### Exercise
The lines to reproduce run from the one containing "chan_len rt none = 0" through the end of the records below. Reproduce them exactly and add nothing.

### Material for this task
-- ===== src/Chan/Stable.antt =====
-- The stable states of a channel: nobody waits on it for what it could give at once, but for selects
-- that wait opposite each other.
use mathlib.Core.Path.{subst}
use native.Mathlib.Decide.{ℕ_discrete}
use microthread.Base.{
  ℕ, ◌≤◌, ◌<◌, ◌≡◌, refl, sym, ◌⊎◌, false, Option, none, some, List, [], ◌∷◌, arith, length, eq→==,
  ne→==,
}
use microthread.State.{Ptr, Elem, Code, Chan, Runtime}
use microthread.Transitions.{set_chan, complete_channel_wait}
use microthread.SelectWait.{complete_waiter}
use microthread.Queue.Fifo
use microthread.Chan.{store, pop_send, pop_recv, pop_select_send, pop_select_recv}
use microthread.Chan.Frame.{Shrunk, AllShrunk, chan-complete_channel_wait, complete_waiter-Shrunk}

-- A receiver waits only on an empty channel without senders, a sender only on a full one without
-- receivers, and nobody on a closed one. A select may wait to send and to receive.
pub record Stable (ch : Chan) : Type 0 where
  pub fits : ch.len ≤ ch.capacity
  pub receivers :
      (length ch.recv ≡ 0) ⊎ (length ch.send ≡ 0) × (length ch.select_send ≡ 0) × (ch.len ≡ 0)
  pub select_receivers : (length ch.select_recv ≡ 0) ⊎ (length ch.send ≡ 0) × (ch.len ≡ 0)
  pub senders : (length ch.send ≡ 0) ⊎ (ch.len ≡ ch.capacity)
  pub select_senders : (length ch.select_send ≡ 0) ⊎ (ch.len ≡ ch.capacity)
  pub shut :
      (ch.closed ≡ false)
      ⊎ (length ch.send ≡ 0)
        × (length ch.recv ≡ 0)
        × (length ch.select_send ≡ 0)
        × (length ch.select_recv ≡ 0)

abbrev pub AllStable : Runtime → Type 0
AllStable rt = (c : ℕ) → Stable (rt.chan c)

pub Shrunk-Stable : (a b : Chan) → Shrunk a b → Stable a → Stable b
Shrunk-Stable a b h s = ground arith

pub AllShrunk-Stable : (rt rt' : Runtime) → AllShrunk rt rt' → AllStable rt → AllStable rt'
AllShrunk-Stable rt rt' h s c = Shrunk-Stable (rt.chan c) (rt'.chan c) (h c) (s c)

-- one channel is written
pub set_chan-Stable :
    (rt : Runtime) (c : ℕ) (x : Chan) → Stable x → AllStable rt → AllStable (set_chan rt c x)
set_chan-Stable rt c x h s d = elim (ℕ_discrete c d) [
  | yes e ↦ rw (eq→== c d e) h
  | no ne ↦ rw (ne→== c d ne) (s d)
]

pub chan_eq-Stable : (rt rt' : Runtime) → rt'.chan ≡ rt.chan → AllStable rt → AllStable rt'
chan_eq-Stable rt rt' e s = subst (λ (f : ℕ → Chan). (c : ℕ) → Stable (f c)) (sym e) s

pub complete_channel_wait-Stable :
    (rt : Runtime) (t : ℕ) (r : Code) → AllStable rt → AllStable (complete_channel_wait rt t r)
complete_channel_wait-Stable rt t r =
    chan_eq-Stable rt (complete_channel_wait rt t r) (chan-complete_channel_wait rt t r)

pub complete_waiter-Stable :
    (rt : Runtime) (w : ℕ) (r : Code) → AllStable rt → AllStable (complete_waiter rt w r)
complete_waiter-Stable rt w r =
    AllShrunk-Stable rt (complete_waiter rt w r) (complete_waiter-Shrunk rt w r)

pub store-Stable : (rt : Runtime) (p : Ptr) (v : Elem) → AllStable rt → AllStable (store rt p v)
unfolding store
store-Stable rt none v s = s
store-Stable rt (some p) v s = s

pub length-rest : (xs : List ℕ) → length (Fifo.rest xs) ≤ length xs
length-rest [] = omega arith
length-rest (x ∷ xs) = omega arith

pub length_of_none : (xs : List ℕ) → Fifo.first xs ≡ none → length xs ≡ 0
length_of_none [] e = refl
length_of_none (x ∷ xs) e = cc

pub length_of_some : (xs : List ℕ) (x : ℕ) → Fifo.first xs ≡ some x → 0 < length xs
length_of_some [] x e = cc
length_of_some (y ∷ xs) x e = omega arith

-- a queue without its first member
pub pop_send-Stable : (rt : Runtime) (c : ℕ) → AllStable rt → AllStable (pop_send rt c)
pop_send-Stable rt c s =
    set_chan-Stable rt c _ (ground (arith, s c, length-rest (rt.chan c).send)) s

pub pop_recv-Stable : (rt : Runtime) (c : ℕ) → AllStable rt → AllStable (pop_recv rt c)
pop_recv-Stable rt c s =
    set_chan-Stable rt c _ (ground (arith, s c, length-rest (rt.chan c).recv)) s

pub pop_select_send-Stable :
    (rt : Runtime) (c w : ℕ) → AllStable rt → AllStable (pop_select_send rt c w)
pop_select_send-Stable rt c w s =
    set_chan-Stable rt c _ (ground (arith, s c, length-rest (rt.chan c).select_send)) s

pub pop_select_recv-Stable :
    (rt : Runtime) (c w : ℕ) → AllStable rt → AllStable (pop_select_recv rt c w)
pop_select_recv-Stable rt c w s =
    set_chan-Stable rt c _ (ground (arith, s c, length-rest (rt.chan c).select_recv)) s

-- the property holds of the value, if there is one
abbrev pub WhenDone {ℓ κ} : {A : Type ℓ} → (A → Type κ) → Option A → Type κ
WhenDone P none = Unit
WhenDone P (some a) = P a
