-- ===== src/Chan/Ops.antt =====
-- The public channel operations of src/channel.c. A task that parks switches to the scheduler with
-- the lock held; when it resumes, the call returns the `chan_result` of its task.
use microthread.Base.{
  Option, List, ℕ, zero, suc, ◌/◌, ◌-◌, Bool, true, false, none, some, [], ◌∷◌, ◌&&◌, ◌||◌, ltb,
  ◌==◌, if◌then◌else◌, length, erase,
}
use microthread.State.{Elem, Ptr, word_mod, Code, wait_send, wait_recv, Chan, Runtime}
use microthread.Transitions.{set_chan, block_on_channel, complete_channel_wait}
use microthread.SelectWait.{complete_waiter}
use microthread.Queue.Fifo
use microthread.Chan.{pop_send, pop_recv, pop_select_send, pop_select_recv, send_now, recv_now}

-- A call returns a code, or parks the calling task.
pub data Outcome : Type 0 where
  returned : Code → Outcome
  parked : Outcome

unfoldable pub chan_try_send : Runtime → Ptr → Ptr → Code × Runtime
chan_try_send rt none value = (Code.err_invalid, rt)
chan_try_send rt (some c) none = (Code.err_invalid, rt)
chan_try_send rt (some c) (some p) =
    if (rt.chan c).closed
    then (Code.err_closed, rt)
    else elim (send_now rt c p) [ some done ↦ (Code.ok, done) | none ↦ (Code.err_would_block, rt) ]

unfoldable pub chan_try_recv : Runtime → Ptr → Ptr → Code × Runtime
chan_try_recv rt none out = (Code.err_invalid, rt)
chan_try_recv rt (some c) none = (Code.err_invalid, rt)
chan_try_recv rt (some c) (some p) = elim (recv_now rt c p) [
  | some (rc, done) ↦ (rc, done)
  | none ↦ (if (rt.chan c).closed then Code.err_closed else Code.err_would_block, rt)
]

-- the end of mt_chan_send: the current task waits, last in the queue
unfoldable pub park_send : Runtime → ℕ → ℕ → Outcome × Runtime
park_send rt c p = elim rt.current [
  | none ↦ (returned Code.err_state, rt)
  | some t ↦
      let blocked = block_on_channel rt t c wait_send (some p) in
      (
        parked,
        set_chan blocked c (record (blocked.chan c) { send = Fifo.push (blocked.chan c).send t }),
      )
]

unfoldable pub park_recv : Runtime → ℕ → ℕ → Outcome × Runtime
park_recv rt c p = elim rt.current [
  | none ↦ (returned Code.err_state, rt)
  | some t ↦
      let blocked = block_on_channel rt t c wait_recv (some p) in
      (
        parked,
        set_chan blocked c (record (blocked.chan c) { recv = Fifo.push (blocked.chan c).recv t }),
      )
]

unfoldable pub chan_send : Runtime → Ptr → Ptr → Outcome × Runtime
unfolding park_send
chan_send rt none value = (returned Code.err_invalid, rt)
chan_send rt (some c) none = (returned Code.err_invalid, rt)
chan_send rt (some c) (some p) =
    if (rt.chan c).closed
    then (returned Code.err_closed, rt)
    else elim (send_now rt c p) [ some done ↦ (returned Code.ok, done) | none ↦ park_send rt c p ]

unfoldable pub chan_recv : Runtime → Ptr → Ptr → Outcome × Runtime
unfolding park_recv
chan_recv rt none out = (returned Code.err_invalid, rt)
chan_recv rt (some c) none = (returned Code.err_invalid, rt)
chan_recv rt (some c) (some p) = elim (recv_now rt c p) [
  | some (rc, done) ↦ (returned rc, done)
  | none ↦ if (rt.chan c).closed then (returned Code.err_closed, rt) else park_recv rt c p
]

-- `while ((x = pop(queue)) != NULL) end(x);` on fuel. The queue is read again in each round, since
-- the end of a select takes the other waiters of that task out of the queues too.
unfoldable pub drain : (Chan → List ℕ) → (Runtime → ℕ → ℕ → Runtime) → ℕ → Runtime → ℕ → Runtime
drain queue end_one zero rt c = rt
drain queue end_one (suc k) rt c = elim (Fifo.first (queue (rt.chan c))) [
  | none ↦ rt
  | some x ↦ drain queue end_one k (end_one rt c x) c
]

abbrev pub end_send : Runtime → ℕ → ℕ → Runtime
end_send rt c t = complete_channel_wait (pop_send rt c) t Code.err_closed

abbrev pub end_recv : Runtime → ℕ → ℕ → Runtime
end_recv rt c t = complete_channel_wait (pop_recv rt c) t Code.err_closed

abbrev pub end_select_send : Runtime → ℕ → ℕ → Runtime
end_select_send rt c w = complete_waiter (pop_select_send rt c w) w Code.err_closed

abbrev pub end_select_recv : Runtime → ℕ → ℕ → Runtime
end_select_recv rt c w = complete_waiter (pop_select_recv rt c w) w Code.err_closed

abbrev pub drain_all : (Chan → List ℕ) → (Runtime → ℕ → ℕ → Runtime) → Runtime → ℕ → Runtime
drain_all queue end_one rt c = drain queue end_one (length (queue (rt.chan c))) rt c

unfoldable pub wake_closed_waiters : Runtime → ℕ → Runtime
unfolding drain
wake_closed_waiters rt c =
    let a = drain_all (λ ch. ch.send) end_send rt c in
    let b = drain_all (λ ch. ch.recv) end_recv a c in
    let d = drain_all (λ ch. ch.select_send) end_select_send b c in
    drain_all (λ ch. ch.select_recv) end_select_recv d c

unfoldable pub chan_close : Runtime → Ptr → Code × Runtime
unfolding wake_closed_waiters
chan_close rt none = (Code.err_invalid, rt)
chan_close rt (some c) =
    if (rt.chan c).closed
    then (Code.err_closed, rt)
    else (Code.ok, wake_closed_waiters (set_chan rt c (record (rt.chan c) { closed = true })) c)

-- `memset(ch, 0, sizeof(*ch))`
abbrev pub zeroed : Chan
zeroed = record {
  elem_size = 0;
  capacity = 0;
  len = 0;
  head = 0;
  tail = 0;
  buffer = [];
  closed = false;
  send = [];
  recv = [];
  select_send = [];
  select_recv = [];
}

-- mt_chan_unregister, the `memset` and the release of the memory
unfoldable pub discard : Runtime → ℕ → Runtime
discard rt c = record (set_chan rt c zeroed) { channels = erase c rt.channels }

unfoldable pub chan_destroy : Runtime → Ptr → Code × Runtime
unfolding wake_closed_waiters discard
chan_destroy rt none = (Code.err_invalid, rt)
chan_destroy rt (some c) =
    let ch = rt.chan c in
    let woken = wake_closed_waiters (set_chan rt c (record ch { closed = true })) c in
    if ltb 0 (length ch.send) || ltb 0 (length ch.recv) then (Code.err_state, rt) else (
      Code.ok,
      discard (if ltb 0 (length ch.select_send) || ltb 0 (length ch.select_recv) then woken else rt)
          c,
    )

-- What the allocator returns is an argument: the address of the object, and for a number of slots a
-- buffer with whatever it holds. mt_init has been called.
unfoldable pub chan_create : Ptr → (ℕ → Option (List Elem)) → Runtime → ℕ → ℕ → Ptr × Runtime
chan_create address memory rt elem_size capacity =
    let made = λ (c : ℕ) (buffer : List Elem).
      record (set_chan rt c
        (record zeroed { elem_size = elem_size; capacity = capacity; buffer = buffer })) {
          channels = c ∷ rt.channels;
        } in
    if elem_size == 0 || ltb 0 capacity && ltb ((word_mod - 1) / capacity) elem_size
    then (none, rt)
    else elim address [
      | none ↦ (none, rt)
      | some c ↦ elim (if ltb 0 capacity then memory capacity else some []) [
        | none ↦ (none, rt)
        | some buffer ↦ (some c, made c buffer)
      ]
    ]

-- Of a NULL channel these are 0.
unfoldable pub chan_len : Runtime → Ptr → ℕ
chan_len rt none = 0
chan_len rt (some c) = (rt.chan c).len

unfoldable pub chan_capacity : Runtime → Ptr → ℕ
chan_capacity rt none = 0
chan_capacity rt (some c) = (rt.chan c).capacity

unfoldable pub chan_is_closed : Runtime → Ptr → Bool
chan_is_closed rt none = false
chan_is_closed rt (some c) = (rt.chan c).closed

### Task response
chan_len rt none = 0
chan_len rt (some c) = (rt.chan c).len

unfoldable pub chan_capacity : Runtime → Ptr → ℕ
chan_capacity rt none = 0
chan_capacity rt (some c) = (rt.chan c).capacity

unfoldable pub chan_is_closed : Runtime → Ptr → Bool
chan_is_closed rt none = false
chan_is_closed rt (some c) = (rt.chan c).closed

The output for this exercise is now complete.